**Provided records:**
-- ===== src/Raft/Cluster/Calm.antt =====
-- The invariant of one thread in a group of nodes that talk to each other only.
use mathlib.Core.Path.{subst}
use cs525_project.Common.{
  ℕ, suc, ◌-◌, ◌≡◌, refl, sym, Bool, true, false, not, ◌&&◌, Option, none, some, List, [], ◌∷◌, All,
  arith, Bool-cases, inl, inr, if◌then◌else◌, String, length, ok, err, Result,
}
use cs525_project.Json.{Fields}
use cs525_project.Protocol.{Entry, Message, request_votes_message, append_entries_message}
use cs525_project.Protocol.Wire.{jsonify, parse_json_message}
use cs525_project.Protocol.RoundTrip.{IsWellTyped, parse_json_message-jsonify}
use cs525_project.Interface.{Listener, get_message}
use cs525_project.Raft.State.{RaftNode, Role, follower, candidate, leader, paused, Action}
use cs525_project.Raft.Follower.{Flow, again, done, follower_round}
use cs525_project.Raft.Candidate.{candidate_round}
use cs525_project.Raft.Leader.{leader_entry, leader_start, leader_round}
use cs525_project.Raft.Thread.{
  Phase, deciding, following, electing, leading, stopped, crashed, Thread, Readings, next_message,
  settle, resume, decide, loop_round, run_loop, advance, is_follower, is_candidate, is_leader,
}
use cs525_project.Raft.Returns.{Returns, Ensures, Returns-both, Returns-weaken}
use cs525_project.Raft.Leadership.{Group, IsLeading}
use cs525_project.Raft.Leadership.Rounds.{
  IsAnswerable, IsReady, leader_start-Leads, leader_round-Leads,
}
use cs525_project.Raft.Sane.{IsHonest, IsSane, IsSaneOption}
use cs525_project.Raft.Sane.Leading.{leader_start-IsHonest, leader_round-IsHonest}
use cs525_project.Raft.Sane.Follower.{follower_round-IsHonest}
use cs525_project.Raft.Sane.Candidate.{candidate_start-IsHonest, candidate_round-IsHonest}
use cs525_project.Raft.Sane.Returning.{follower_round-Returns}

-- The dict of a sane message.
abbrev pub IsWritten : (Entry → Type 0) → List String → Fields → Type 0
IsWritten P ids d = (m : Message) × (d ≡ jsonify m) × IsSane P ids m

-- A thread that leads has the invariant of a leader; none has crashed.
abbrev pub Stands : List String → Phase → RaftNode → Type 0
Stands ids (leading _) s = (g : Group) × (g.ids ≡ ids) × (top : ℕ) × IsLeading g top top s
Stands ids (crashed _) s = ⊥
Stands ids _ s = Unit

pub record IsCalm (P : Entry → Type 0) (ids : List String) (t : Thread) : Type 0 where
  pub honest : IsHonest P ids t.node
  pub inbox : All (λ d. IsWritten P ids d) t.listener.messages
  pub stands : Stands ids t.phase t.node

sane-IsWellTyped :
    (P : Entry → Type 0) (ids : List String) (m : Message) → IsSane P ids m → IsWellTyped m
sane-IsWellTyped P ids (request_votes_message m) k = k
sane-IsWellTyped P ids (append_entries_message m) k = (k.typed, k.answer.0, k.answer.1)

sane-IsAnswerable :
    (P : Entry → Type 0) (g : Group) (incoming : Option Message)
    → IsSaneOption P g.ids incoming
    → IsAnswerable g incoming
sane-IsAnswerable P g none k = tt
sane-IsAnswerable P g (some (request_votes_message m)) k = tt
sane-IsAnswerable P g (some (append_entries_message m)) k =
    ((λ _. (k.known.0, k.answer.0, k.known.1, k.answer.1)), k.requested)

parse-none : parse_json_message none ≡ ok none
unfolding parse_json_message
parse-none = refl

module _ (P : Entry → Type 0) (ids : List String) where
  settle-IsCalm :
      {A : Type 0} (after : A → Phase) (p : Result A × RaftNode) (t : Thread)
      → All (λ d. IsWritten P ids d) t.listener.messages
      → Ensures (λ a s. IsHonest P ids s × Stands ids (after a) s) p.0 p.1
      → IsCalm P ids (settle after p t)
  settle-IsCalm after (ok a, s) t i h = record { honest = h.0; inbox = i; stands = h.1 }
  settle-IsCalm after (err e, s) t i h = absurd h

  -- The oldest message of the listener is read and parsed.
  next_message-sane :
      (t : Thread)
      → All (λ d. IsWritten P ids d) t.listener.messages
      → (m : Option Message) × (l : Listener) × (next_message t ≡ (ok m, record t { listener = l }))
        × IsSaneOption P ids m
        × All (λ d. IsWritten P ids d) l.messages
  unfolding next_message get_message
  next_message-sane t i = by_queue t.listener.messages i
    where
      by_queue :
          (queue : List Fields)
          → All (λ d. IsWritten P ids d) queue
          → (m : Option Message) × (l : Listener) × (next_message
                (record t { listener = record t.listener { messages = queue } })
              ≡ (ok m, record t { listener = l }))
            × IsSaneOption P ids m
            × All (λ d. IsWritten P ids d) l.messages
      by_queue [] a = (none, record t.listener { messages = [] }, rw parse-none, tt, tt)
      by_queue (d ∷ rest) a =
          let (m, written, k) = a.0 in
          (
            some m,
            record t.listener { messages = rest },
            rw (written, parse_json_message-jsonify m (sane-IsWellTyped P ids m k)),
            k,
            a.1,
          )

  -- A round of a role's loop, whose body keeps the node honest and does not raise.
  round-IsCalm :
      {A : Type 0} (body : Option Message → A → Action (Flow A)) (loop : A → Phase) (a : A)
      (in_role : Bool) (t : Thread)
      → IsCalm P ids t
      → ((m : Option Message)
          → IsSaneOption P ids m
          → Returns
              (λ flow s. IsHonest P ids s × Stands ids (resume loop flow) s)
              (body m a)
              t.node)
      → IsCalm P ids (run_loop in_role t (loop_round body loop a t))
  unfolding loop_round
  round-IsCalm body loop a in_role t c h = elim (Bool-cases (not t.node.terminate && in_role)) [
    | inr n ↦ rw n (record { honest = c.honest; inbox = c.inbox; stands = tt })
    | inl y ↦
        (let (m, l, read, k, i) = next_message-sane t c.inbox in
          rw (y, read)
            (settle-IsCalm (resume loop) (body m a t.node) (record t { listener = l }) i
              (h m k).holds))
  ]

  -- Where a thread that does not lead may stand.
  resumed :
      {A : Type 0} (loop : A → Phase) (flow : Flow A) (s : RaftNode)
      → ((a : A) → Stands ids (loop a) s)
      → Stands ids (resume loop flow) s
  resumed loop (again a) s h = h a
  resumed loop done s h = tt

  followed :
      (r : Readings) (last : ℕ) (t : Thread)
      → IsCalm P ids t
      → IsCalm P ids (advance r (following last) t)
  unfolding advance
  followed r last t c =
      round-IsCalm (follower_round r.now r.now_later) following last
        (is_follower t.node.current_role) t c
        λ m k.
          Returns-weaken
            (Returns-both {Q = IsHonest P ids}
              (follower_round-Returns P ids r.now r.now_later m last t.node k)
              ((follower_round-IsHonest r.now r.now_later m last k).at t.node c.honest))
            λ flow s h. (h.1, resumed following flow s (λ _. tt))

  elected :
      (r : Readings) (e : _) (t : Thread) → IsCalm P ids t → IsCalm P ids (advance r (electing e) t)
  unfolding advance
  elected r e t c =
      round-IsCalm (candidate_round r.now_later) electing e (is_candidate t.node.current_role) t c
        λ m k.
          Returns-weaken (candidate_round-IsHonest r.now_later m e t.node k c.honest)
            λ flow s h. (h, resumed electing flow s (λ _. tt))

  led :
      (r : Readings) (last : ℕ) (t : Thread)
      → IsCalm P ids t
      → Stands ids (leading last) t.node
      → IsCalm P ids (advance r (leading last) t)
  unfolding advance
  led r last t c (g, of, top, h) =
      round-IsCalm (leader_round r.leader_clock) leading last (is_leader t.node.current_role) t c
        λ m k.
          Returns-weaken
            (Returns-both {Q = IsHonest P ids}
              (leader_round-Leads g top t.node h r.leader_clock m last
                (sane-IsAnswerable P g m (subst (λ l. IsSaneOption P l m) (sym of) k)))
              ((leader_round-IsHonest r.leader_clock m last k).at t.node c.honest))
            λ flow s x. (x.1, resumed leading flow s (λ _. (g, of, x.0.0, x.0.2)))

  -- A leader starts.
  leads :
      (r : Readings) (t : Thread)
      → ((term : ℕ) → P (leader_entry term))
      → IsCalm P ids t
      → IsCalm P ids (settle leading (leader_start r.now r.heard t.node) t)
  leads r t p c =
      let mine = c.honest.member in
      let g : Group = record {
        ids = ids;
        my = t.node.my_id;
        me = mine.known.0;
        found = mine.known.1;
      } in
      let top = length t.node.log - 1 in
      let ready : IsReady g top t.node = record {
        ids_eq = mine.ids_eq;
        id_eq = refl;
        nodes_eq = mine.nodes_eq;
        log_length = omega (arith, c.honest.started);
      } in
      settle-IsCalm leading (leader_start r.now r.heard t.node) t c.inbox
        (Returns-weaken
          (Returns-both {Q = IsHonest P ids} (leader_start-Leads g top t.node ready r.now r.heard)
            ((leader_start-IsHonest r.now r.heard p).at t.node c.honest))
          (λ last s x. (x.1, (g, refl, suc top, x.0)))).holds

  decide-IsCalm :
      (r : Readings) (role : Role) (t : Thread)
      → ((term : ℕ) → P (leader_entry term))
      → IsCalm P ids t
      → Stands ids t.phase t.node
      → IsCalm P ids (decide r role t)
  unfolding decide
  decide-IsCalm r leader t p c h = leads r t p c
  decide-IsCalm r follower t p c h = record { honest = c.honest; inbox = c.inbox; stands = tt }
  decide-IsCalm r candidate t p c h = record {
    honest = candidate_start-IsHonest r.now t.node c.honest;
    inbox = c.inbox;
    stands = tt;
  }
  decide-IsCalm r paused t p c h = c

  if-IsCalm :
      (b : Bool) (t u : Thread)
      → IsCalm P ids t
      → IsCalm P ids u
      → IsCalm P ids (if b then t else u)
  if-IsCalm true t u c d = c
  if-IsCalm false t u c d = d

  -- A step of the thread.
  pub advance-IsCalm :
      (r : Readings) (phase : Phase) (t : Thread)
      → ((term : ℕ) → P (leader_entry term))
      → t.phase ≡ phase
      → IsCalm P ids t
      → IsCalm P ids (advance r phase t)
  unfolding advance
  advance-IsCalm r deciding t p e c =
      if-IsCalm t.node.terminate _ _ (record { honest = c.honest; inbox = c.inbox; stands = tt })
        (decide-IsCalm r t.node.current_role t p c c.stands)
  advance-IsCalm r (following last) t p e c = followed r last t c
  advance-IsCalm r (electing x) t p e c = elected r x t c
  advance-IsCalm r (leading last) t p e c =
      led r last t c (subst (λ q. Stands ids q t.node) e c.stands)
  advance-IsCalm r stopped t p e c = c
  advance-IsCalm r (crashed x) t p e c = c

**Task brief:** In the data above, start at the line that has "id_eq = refl;", stop after the line that has "advance-IsCalm r (leading", and print every line in between exactly as it stands.

**Solution to the exercise:**
        id_eq = refl;
        nodes_eq = mine.nodes_eq;
        log_length = omega (arith, c.honest.started);
      } in
      settle-IsCalm leading (leader_start r.now r.heard t.node) t c.inbox
        (Returns-weaken
          (Returns-both {Q = IsHonest P ids} (leader_start-Leads g top t.node ready r.now r.heard)
            ((leader_start-IsHonest r.now r.heard p).at t.node c.honest))
          (λ last s x. (x.1, (g, refl, suc top, x.0)))).holds

  decide-IsCalm :
      (r : Readings) (role : Role) (t : Thread)
      → ((term : ℕ) → P (leader_entry term))
      → IsCalm P ids t
      → Stands ids t.phase t.node
      → IsCalm P ids (decide r role t)
  unfolding decide
  decide-IsCalm r leader t p c h = leads r t p c
  decide-IsCalm r follower t p c h = record { honest = c.honest; inbox = c.inbox; stands = tt }
  decide-IsCalm r candidate t p c h = record {
    honest = candidate_start-IsHonest r.now t.node c.honest;
    inbox = c.inbox;
    stands = tt;
  }
  decide-IsCalm r paused t p c h = c

  if-IsCalm :
      (b : Bool) (t u : Thread)
      → IsCalm P ids t
      → IsCalm P ids u
      → IsCalm P ids (if b then t else u)
  if-IsCalm true t u c d = c
  if-IsCalm false t u c d = d

  -- A step of the thread.
  pub advance-IsCalm :
      (r : Readings) (phase : Phase) (t : Thread)
      → ((term : ℕ) → P (leader_entry term))
      → t.phase ≡ phase
      → IsCalm P ids t
      → IsCalm P ids (advance r phase t)
  unfolding advance
  advance-IsCalm r deciding t p e c =
      if-IsCalm t.node.terminate _ _ (record { honest = c.honest; inbox = c.inbox; stands = tt })
        (decide-IsCalm r t.node.current_role t p c c.stands)
  advance-IsCalm r (following last) t p e c = followed r last t c
  advance-IsCalm r (electing x) t p e c = elected r x t c
  advance-IsCalm r (leading last) t p e c =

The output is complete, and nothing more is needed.